Dataset entries:
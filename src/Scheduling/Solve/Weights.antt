-- ===== src/Scheduling/Solve/Weights.antt =====
-- `sortPoolsByWeight` of scheduler.go.
use frp_operator.Prelude.{◌≤◌, ◌≡◌, false, List, [], ◌∷◌, Perm, arith, All, All-map}
use frp_operator.Prelude.Sort.{
  slice_stable, slice_stable-perm, slice_stable-Sorted, Sorted, IsStrict,
}
use frp_operator.Api.{ExitPool}
use frp_operator.Scheduling.Solve.{weight, heavier, sort_pools_by_weight}

module _ {Q : Type 0} where
  -- Each pool is at least as heavy as those behind it.
  abbrev pub Descending : List (ExitPool Q) → Type 0
  Descending [] = Unit
  Descending (p ∷ pools) = All (λ r. weight r ≤ weight p) pools × Descending pools

  heavier-IsStrict : IsStrict (heavier {Q = Q})
  unfolding heavier
  heavier-IsStrict = record {
    asymmetric = λ x y h. ground arith;
    not_less_trans = λ x y z h k. ground arith;
  }

  heavier-le : (p r : ExitPool Q) → heavier r p ≡ false → weight r ≤ weight p
  unfolding heavier
  heavier-le p r h = ground arith

  Sorted-Descending : (pools : List (ExitPool Q)) → Sorted heavier pools → Descending pools
  Sorted-Descending [] s = tt
  Sorted-Descending (p ∷ pools) s =
      (All-map pools (λ r h. heavier-le p r h) s.0, Sorted-Descending pools s.1)

  -- `sortPoolsByWeight` keeps every pool, as often as it is given, and puts them in descending order of
  -- weight, where a pool without a weight has weight 0.
  pub sort_pools_by_weight-sorts :
      (pools : List (ExitPool Q))
      → Descending (sort_pools_by_weight pools) × Perm (sort_pools_by_weight pools) pools
  unfolding sort_pools_by_weight
  sort_pools_by_weight-sorts pools = (
    Sorted-Descending (slice_stable heavier pools)
        (slice_stable-Sorted heavier heavier-IsStrict pools),
    slice_stable-perm heavier pools,
  )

__REQUIREMENT__. Print precisely the lines from the one with "-- Each pool" through the end of the data above, adding nothing.

__ANSWER BELOW__.
  -- Each pool is at least as heavy as those behind it.
  abbrev pub Descending : List (ExitPool Q) → Type 0
  Descending [] = Unit
  Descending (p ∷ pools) = All (λ r. weight r ≤ weight p) pools × Descending pools

  heavier-IsStrict : IsStrict (heavier {Q = Q})
  unfolding heavier
  heavier-IsStrict = record {
    asymmetric = λ x y h. ground arith;
    not_less_trans = λ x y z h k. ground arith;
  }

  heavier-le : (p r : ExitPool Q) → heavier r p ≡ false → weight r ≤ weight p
  unfolding heavier
  heavier-le p r h = ground arith

  Sorted-Descending : (pools : List (ExitPool Q)) → Sorted heavier pools → Descending pools
  Sorted-Descending [] s = tt
  Sorted-Descending (p ∷ pools) s =
      (All-map pools (λ r h. heavier-le p r h) s.0, Sorted-Descending pools s.1)

  -- `sortPoolsByWeight` keeps every pool, as often as it is given, and puts them in descending order of
  -- weight, where a pool without a weight has weight 0.
  pub sort_pools_by_weight-sorts :
      (pools : List (ExitPool Q))
      → Descending (sort_pools_by_weight pools) × Perm (sort_pools_by_weight pools) pools
  unfolding sort_pools_by_weight
  sort_pools_by_weight-sorts pools = (
    Sorted-Descending (slice_stable heavier pools)
        (slice_stable-Sorted heavier heavier-IsStrict pools),
    slice_stable-perm heavier pools,
  )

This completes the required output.